_The problem_: Within the entries below, find the portion that opens with the line containing "-- A loop over" and closes with the line containing "then rest lost". Retype that portion exactly and only.

[Data excerpts]
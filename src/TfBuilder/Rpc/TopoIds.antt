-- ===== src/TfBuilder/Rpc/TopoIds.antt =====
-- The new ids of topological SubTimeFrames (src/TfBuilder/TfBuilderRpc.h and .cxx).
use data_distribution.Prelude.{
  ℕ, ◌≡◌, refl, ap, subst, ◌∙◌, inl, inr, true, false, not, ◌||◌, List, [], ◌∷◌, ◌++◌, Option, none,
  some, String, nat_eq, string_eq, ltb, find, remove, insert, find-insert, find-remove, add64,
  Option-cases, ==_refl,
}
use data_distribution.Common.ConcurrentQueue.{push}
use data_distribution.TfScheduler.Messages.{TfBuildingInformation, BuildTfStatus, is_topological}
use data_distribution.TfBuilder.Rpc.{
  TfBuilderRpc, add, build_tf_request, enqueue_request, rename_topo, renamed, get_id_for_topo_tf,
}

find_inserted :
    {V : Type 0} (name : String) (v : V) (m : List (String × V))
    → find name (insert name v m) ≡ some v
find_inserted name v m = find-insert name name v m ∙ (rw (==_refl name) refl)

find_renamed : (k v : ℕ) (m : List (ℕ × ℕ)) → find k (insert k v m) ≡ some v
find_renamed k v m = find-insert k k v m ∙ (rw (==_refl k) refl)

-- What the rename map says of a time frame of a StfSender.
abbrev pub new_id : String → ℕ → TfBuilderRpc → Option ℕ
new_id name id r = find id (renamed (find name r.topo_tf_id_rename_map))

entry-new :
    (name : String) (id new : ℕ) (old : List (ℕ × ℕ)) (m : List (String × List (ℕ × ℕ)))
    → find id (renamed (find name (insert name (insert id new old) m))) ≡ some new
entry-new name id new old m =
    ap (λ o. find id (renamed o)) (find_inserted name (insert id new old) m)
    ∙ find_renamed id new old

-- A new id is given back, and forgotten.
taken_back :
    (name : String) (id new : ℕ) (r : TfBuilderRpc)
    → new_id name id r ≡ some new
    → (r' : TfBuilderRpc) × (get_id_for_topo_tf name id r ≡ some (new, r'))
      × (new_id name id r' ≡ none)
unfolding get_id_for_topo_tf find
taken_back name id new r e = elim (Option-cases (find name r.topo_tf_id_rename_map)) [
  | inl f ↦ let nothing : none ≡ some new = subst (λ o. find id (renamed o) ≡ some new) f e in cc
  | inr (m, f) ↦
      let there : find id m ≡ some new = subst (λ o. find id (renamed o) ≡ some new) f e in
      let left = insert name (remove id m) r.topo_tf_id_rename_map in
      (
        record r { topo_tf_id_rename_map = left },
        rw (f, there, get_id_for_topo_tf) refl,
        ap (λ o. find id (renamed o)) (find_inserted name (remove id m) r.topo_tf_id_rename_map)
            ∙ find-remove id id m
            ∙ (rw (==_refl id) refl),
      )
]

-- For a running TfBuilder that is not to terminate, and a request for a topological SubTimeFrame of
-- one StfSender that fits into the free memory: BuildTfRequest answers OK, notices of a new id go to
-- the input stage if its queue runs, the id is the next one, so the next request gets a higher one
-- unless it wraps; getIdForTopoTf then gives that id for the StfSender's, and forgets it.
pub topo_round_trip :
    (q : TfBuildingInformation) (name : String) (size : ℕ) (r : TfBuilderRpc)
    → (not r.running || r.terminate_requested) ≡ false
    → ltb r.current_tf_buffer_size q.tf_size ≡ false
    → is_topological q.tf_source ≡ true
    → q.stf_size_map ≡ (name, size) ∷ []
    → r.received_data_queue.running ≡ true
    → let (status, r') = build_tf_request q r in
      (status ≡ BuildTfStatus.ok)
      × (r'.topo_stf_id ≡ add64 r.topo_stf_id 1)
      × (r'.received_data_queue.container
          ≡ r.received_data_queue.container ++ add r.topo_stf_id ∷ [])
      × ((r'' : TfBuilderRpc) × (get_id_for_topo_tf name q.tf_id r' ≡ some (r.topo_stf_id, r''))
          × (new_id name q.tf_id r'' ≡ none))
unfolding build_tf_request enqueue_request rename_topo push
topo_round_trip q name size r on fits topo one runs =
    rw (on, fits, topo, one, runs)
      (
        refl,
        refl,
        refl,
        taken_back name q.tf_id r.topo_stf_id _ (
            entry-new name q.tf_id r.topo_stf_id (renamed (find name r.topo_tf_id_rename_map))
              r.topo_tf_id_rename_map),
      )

---

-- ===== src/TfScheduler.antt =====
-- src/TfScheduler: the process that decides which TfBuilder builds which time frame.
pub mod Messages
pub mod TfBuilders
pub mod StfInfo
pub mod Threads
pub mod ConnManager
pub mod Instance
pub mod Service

* * *

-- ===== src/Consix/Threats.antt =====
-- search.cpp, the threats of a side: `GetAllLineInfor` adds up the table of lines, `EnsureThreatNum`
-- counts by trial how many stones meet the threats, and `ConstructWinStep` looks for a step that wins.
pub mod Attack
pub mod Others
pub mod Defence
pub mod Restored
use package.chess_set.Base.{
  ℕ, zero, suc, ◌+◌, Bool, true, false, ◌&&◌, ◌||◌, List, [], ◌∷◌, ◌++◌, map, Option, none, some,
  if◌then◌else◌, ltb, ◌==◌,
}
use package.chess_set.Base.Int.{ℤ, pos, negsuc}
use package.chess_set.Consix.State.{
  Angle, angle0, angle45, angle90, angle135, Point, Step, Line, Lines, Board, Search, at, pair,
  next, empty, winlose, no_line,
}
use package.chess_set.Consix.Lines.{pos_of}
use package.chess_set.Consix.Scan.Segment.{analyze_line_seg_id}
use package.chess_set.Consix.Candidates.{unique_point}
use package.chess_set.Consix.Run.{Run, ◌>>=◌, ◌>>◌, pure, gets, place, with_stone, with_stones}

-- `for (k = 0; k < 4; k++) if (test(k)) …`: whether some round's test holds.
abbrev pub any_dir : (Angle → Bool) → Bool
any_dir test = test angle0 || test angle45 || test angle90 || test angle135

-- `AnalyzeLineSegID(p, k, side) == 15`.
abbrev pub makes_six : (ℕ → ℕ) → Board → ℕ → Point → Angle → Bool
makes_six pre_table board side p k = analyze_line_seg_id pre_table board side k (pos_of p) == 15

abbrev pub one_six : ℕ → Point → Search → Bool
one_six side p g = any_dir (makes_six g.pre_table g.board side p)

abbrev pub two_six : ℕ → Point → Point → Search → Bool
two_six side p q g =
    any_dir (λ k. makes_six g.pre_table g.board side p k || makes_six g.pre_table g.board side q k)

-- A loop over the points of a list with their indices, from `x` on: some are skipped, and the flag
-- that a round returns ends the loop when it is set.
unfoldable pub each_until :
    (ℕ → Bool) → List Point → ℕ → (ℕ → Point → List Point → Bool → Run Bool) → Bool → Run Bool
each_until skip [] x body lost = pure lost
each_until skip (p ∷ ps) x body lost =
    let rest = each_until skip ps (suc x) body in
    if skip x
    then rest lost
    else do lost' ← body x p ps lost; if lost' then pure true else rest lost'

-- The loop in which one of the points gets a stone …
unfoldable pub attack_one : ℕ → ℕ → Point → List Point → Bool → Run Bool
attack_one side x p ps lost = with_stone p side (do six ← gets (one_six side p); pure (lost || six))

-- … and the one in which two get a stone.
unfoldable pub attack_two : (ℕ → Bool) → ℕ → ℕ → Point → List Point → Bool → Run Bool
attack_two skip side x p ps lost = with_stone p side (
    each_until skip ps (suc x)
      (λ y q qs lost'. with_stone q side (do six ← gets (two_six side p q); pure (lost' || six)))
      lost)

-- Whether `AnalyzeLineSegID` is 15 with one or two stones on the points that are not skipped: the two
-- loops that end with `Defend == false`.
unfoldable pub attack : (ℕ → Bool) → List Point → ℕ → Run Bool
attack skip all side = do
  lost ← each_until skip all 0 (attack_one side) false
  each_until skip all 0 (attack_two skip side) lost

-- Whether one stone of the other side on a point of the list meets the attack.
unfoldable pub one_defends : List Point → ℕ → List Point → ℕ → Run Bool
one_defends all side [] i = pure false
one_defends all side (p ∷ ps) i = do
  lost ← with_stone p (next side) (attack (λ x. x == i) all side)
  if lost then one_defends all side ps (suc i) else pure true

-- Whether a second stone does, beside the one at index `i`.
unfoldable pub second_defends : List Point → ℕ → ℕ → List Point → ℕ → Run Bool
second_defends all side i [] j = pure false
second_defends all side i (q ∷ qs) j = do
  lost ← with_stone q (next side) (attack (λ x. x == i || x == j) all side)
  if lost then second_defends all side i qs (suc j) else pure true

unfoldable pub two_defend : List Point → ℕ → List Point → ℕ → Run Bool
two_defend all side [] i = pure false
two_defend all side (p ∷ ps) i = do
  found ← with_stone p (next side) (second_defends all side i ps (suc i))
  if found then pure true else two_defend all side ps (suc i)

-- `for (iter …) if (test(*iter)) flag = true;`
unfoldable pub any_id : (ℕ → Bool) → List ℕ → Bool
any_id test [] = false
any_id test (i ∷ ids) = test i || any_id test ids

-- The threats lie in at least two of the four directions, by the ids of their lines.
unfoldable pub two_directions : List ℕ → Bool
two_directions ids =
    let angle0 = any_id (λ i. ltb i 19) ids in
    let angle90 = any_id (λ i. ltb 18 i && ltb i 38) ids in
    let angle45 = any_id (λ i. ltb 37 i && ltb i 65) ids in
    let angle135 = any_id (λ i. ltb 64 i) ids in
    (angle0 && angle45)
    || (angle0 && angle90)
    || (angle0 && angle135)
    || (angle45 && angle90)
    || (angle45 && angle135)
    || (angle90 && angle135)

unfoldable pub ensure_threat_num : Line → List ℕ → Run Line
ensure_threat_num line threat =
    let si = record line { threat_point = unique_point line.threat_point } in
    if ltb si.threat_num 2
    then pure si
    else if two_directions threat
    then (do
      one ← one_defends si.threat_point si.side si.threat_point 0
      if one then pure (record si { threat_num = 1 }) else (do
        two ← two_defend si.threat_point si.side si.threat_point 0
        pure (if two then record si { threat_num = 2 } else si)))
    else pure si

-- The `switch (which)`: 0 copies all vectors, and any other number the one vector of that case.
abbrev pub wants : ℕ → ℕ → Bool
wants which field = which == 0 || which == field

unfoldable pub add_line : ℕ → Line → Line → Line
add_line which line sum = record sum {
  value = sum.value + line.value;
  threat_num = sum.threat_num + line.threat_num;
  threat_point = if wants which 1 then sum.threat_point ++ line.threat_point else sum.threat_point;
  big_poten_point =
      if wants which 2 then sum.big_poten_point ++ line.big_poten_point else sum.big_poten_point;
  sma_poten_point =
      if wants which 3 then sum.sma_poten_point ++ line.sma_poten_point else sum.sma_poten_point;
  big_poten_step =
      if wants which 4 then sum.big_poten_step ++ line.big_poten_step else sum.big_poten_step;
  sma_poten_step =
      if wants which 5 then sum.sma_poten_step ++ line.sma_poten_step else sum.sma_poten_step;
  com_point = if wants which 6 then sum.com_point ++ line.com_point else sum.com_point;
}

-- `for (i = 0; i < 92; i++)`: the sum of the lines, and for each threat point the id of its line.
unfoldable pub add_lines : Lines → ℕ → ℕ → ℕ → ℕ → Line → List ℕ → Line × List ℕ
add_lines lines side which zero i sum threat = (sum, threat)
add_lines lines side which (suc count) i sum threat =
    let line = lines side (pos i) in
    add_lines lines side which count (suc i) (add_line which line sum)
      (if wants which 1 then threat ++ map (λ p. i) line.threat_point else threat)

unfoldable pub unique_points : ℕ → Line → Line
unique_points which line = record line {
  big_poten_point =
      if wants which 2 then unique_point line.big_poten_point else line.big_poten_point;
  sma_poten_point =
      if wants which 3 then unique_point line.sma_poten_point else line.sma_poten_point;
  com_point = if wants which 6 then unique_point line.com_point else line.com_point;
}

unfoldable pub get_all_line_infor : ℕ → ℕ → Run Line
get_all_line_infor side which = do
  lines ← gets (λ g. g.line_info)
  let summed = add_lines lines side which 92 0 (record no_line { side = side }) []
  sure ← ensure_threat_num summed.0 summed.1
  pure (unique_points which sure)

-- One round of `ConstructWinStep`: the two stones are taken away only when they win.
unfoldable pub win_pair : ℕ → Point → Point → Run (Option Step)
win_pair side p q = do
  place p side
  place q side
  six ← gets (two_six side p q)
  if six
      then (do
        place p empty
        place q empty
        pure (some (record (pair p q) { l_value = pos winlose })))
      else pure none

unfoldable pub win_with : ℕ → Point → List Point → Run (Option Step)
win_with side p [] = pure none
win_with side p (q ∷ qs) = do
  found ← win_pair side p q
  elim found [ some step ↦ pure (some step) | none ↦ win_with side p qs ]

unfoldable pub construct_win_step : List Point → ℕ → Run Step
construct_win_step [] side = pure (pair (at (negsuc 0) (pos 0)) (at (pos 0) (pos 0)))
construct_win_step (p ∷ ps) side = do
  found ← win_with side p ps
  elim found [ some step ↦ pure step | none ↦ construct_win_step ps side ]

_The answer_:
-- A loop over the points of a list with their indices, from `x` on: some are skipped, and the flag
-- that a round returns ends the loop when it is set.
unfoldable pub each_until :
    (ℕ → Bool) → List Point → ℕ → (ℕ → Point → List Point → Bool → Run Bool) → Bool → Run Bool
each_until skip [] x body lost = pure lost
each_until skip (p ∷ ps) x body lost =
    let rest = each_until skip ps (suc x) body in
    if skip x
    then rest lost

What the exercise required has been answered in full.